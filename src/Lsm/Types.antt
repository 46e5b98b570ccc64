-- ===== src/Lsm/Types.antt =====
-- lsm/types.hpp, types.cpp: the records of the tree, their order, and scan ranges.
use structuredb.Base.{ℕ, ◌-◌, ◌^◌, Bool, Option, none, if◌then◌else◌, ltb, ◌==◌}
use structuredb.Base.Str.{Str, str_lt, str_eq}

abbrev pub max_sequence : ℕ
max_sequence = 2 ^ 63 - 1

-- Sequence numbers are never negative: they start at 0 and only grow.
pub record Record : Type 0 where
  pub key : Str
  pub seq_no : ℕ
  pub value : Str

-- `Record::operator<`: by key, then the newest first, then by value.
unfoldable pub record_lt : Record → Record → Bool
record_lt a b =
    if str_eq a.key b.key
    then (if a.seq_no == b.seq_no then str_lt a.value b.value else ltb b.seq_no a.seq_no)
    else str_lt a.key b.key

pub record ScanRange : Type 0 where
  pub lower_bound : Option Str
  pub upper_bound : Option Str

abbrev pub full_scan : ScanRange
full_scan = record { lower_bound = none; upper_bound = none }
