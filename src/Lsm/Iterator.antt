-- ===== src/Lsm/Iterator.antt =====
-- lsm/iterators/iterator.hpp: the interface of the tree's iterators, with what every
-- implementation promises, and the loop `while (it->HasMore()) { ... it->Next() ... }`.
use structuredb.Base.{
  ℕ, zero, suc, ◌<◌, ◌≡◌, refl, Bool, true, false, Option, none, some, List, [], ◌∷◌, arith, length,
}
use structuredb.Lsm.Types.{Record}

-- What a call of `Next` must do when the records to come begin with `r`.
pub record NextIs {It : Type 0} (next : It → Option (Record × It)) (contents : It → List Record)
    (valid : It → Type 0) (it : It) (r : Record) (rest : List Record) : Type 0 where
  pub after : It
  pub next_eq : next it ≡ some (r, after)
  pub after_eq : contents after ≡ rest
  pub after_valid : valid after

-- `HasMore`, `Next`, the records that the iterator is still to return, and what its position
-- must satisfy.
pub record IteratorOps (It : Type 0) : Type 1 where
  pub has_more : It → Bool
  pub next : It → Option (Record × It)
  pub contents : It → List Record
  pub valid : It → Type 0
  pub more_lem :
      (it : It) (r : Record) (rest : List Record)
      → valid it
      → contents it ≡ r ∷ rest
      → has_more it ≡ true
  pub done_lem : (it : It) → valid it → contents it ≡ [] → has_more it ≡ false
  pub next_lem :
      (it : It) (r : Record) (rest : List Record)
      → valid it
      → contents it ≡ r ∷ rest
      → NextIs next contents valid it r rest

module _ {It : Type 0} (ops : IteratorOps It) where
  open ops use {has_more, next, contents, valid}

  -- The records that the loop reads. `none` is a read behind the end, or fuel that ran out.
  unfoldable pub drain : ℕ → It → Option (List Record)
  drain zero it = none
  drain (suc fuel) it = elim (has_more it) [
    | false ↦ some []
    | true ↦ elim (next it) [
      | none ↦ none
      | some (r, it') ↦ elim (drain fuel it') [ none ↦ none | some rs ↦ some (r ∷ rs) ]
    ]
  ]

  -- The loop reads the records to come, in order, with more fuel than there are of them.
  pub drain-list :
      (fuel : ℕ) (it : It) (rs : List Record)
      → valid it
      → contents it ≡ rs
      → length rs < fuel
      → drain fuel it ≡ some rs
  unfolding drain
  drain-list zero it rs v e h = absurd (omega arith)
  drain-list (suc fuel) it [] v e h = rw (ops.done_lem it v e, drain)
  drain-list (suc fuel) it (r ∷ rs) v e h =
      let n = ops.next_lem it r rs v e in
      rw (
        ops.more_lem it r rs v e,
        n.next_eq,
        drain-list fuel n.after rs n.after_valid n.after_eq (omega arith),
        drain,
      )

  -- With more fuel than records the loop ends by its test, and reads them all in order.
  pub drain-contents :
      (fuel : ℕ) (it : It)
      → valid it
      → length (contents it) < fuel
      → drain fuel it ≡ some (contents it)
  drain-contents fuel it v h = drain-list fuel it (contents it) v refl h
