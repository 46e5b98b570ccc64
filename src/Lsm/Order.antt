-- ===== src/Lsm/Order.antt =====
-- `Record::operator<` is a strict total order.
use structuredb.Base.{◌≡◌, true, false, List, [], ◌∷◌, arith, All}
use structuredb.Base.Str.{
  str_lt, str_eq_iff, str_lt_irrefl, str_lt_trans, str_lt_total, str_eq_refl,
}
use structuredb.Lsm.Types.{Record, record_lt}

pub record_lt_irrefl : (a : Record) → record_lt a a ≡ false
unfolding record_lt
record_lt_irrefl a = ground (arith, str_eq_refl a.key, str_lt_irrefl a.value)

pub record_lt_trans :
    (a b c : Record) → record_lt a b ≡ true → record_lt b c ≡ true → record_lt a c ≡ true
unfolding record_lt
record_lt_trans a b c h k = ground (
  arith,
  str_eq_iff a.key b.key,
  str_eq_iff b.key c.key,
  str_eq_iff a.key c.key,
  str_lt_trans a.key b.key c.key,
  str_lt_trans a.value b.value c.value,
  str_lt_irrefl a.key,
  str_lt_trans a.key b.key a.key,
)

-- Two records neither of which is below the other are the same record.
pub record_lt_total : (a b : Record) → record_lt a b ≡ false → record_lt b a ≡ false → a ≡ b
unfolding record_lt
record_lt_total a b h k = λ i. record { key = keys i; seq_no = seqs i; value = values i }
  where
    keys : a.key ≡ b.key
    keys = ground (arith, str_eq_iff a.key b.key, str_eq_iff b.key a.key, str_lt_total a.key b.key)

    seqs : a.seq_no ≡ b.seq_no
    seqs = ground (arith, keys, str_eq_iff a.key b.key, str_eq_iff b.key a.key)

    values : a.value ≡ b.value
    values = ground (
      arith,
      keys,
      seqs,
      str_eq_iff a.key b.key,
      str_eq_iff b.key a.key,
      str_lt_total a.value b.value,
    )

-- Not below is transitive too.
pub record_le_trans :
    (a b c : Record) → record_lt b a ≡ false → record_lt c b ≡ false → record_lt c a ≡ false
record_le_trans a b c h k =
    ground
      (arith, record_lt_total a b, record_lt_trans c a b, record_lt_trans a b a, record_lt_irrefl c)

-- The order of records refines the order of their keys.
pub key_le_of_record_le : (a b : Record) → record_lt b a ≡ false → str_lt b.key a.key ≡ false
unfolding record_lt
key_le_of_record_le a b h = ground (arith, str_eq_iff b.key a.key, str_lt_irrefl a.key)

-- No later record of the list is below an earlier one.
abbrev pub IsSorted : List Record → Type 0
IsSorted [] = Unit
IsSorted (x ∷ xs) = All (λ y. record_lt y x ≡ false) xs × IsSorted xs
:::::
What you will do - Please return every line in the data that includes the string "zero".

Solution to the problem -
  ℕ, zero, suc, ◌<◌, ◌≡◌, refl, Bool, true, false, Option, none, some, List, [], ◌∷◌, arith, length,
  drain zero it = none
  drain-list zero it rs v e h = absurd (omega arith)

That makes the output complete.